Exactly the lines from the beginning of the material to the line with "abbrev answers : List Answer" are to be repeated, both ends included.

■ **MATERIAL FOR THE TASK**:
%%

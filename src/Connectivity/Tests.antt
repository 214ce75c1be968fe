-- ===== src/Connectivity/Tests.antt =====
-- The protocols of src/services/connectivity-debug-protocols-service.ts on concrete streams.
use orbitdb_relay.Prelude.{
  Text, Bytes, codes, text_eq, true, false, none, some, List, [], ◌∷◌, map, ◌≡◌, refl, arith,
  is_some,
}
use orbitdb_relay.Exposure.{trim_start, trim_end}
use orbitdb_relay.Connectivity.Reader.{
  Answer, Timeouts, chunk, encode_frame, bulk_frames, failed, stream_ended,
}
use orbitdb_relay.Connectivity.Frames.{cut_header, bulk_frames-join}
use orbitdb_relay.Connectivity.Fuel.{bulk_frames-ends_always}
use orbitdb_relay.Connectivity.{first_line, echo, Init, Connectivity}

abbrev timeouts : Timeouts
timeouts = record { read_timeout_ms = 10; idle_timeout_ms = 30 }

abbrev at_once : Bytes → Answer
at_once bytes = record { idle = 0; wait = 1; item = chunk bytes }

-- A frame of two bytes that is cut inside its header, and the beginning of another header.
abbrev answers : List Answer
answers = at_once (0 ∷ 0 ∷ []) ∷ at_once (0 ∷ 2 ∷ 7 ∷ []) ∷ at_once (8 ∷ 0 ∷ []) ∷ []

bulk_frames-join_example :
    bulk_frames 5 timeouts 8 [] answers
    ≡ some (map encode_frame ((7 ∷ 8 ∷ []) ∷ []), failed stream_ended)
unfolding encode_frame
bulk_frames-join_example =
    bulk_frames-join 5 timeouts 8 ((7 ∷ 8 ∷ []) ∷ []) (0 ∷ []) [] answers (failed stream_ended)
      (omega arith) (omega arith) (omega arith) (cut_header (0 ∷ []) (omega arith)) refl refl

bulk_frames-ends_always_example : is_some (bulk_frames 9 timeouts 8 [] answers) ≡ true
bulk_frames-ends_always_example = bulk_frames-ends_always 9 timeouts 8 [] answers (omega arith)

abbrev pieces : List Text
pieces = codes "he" ∷ codes "llo \nmore" ∷ []

echo_hello : echo (map (λ s. some s) pieces) ≡ some (codes "echo:hello\n")
unfolding echo first_line trim_start trim_end text_eq
echo_hello = refl

abbrev init : Init
init = record {
  echo_enabled = true;
  bulk = record {
    enabled = false;
    max_frame_bytes = none;
    read_timeout_ms = none;
    idle_timeout_ms = none;
  };
}

abbrev stopped : Connectivity
stopped = record { started = false; handled = codes "/ping" ∷ [] }
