-- ===== src/Discovery.antt =====
-- src/services/database.ts, `rememberKnownDatabaseAddressesFromRecords`: the walk through records
-- for addresses of other databases.
mod Tests
pub mod Laws
use orbitdb_relay.Prelude.{
  ℕ, suc, Text, codes, Option, none, some, List, [], ◌∷◌, if◌then◌else◌, ltb,
}
use orbitdb_relay.Prelude.TextSet.{TextSet}
use orbitdb_relay.Addresses.{remember_known_database_address}
use orbitdb_relay.Values.{
  Value, undefined, null, bool, num, str, arr, obj, Items, nil, cons, Fields, end, field, member,
  coalesce,
}

unfoldable mutual
  pub visit : ℕ → Value → TextSet → TextSet
  visit depth (str s) known =
      if ltb 4 depth then known else remember_known_database_address (some s) known
  visit depth (arr xs) known = if ltb 4 depth then known else visit_items (suc depth) xs known
  visit depth (obj fs) known = if ltb 4 depth then known else visit_fields (suc depth) fs known
  visit depth _ known = known

  pub visit_items : ℕ → Items → TextSet → TextSet
  visit_items depth nil known = known
  visit_items depth (cons v vs) known = visit_items depth vs (visit depth v known)

  pub visit_fields : ℕ → Fields → TextSet → TextSet
  visit_fields depth end known = known
  visit_fields depth (field k v fs) known = visit_fields depth fs (visit depth v known)

unfoldable pub remember_known_database_addresses_from_records : List Value → TextSet → TextSet
remember_known_database_addresses_from_records [] known = known
remember_known_database_addresses_from_records (r ∷ rs) known =
    remember_known_database_addresses_from_records rs
      (visit 0 (coalesce (member (codes "value") r) r) known)
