-- ===== src/Latch/Queue/Released.antt =====
-- The nodes of one latch after the release of a key.
use client_go.Base.{
  ℕ, ◌≡◌, ◌≢◌, refl, inl, inr, true, false, Bool-cases, Option-cases, if◌then◌else◌, ltb, Option,
  none, some, List, [], ◌∷◌, Bytes, arith,
}
use client_go.Latch.{
  Lock, Woken, wake, take_waiting, search_panics, next_is, release_latch, release_found, max_uint64,
  Node, Latch, find_node, set_node, holds_value,
}
use client_go.Latch.Queue.{Distinct, find-set_other, find-set_self, set_node-Distinct}

-- The owner of the node after a release: a lock that was made stale has acquired it.
abbrev pub owner_of : Option Woken → Option ℕ
owner_of none = none
owner_of (some w) = if w.made_stale then some w.next_lock else none

abbrev pub WaitedFor : (ℕ → Lock) → Bytes → Option Woken → Type 0
WaitedFor locks key none = Unit {0}
WaitedFor locks key (some w) = next_is (locks w.next_lock).wanted key ≡ true

-- What they are after a release of one key.
pub record Released (old new : List Node) (lock : ℕ) (key : Bytes) (w : Option Woken) : Type 0 where
  pub distinct : Distinct new
  pub other : (k : Bytes) → key ≢ k → find_node new k ≡ find_node old k
  pub here : (n : Node) × (find_node new key ≡ some n) × (n.value ≡ owner_of w)

set_Released :
    (l : Latch) (lock : ℕ) (key : Bytes) (max : ℕ) (n : Node) (value : Option ℕ) (w : Option Woken)
    → value ≡ owner_of w
    → Distinct l.queue
    → find_node l.queue key ≡ some n
    → Released l.queue (set_node l.queue key max value) lock key w
set_Released l lock key max n value w e d h = record {
  distinct = set_node-Distinct l.queue key max value d;
  other = λ k apart. find-set_other l.queue key k max value apart;
  here =
      (record n { max_commit_ts = max; value = value }, find-set_self l.queue key n max value h, e);
}

wake-Released :
    (locks : ℕ → Lock) (l : Latch) (lock : ℕ) (key : Bytes) (max : ℕ) (n : Node)
    (taken : Option (ℕ × List ℕ))
    → Distinct l.queue
    → find_node l.queue key ≡ some n
    → Released l.queue (wake locks l key max taken).0.queue lock key (wake locks l key max taken).1
unfolding wake
wake-Released locks l lock key max n none d h = set_Released l lock key max n none none refl d h
wake-Released locks l lock key max n (some (w, waiting)) d h =
    elim (Bool-cases (ltb (locks w).start_ts max)) [
      | inl stale ↦ rw stale (
          set_Released l lock key max n (some w)
            (some (record { next_lock = w; made_stale = true })) refl d h)
      | inr fresh ↦ rw fresh (
          set_Released l lock key max n none (some (record { next_lock = w; made_stale = false }))
            refl d h)
    ]

take_waiting-next_is :
    (locks : ℕ → Lock) (key : Bytes) (waiting rest : List ℕ) (w : ℕ)
    → take_waiting locks key waiting ≡ some (w, rest)
    → next_is (locks w).wanted key ≡ true
unfolding take_waiting
take_waiting-next_is locks key [] rest w h = cc
take_waiting-next_is locks key (v ∷ waiting) rest w h =
    elim (Bool-cases (next_is (locks v).wanted key)) [
      | inl hit ↦ let same : v ≡ w = cc (rw (hit, take_waiting) at h) in rw (← same) hit
      | inr miss ↦ elim (Option-cases (take_waiting locks key waiting)) [
        | inl nothing ↦ absurd (cc (rw (miss, nothing) at h))
        | inr ((u, others), found) ↦
            let same : u ≡ w = cc (rw (miss, found) at h) in
            rw (← same) (take_waiting-next_is locks key waiting others u found)
      ]
    ]

wake-WaitedFor :
    (locks : ℕ → Lock) (l : Latch) (key : Bytes) (max : ℕ) (taken : Option (ℕ × List ℕ))
    → take_waiting locks key l.waiting ≡ taken
    → WaitedFor locks key (wake locks l key max taken).1
unfolding wake
wake-WaitedFor locks l key max none h = tt
wake-WaitedFor locks l key max (some (w, waiting)) h =
    let wants = take_waiting-next_is locks key l.waiting waiting w h in
    elim (Bool-cases (ltb (locks w).start_ts max)) [
      | inl stale ↦ rw stale wants
      | inr fresh ↦ rw fresh wants
    ]

release_owned :
    (locks : ℕ → Lock) (l : Latch) (lock : ℕ) (key : Bytes) (commit_ts : ℕ) (n : Node)
    → n.value ≡ some lock
    → search_panics locks key l.waiting ≡ false
    → release_found locks l lock key commit_ts (some n)
      ≡ some (
          wake locks l key
            (max_uint64 n.max_commit_ts commit_ts)
            (take_waiting locks key l.waiting))
unfolding release_found
release_owned locks l lock key commit_ts n h fine = ground arith

-- A lock that owns the node releases the key, unless the search panics, and the lock that is woken waits for that key.
pub release_latch-Released :
    (locks : ℕ → Lock) (l : Latch) (lock : ℕ) (key : Bytes) (commit_ts : ℕ) (n : Node)
    → Distinct l.queue
    → find_node l.queue key ≡ some n
    → n.value ≡ some lock
    → search_panics locks key l.waiting ≡ false
    → (l' : Latch) × ((w : Option Woken) × (release_latch locks l lock key commit_ts ≡ some (l', w))
        × Released l.queue l'.queue lock key w
        × WaitedFor locks key w)
unfolding release_latch release_found
release_latch-Released locks l lock key commit_ts n d h owns fine =
    let m : ℕ = max_uint64 n.max_commit_ts commit_ts in
    let woken = wake locks l key m (take_waiting locks key l.waiting) in
    (
      woken.0,
      (
        woken.1,
        rw (h, release_latch) (release_owned locks l lock key commit_ts n owns fine),
        wake-Released locks l lock key m n (take_waiting locks key l.waiting) d h,
        wake-WaitedFor locks l key m (take_waiting locks key l.waiting) refl,
      ),
    )

pub release_latch_panics :
    (locks : ℕ → Lock) (l : Latch) (lock : ℕ) (key : Bytes) (commit_ts : ℕ)
    → search_panics locks key l.waiting ≡ true
    → release_latch locks l lock key commit_ts ≡ none
unfolding release_latch release_found
release_latch_panics locks l lock key commit_ts h = elim (Option-cases (find_node l.queue key)) [
  | inl missing ↦ rw missing refl
  | inr (n, found) ↦ elim (Bool-cases (holds_value (some n) lock)) [
    | inl right ↦ rw (found, right, h) refl
    | inr wrong ↦ rw (found, wrong) refl
  ]
]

%%

■ **OUTPUT BELOW**:
filename src/Connectivity/Tests.antt
repository 214ce75c1be968fe
-- ===== src/Connectivity/Tests.antt =====
-- The protocols of src/services/connectivity-debug-protocols-service.ts on concrete streams.
use orbitdb_relay.Prelude.{
  Text, Bytes, codes, text_eq, true, false, none, some, List, [], ◌∷◌, map, ◌≡◌, refl, arith,
  is_some,
}
use orbitdb_relay.Exposure.{trim_start, trim_end}
use orbitdb_relay.Connectivity.Reader.{
  Answer, Timeouts, chunk, encode_frame, bulk_frames, failed, stream_ended,
}
use orbitdb_relay.Connectivity.Frames.{cut_header, bulk_frames-join}
use orbitdb_relay.Connectivity.Fuel.{bulk_frames-ends_always}
use orbitdb_relay.Connectivity.{first_line, echo, Init, Connectivity}

abbrev timeouts : Timeouts
timeouts = record { read_timeout_ms = 10; idle_timeout_ms = 30 }

abbrev at_once : Bytes → Answer
at_once bytes = record { idle = 0; wait = 1; item = chunk bytes }

-- A frame of two bytes that is cut inside its header, and the beginning of another header.
abbrev answers : List Answer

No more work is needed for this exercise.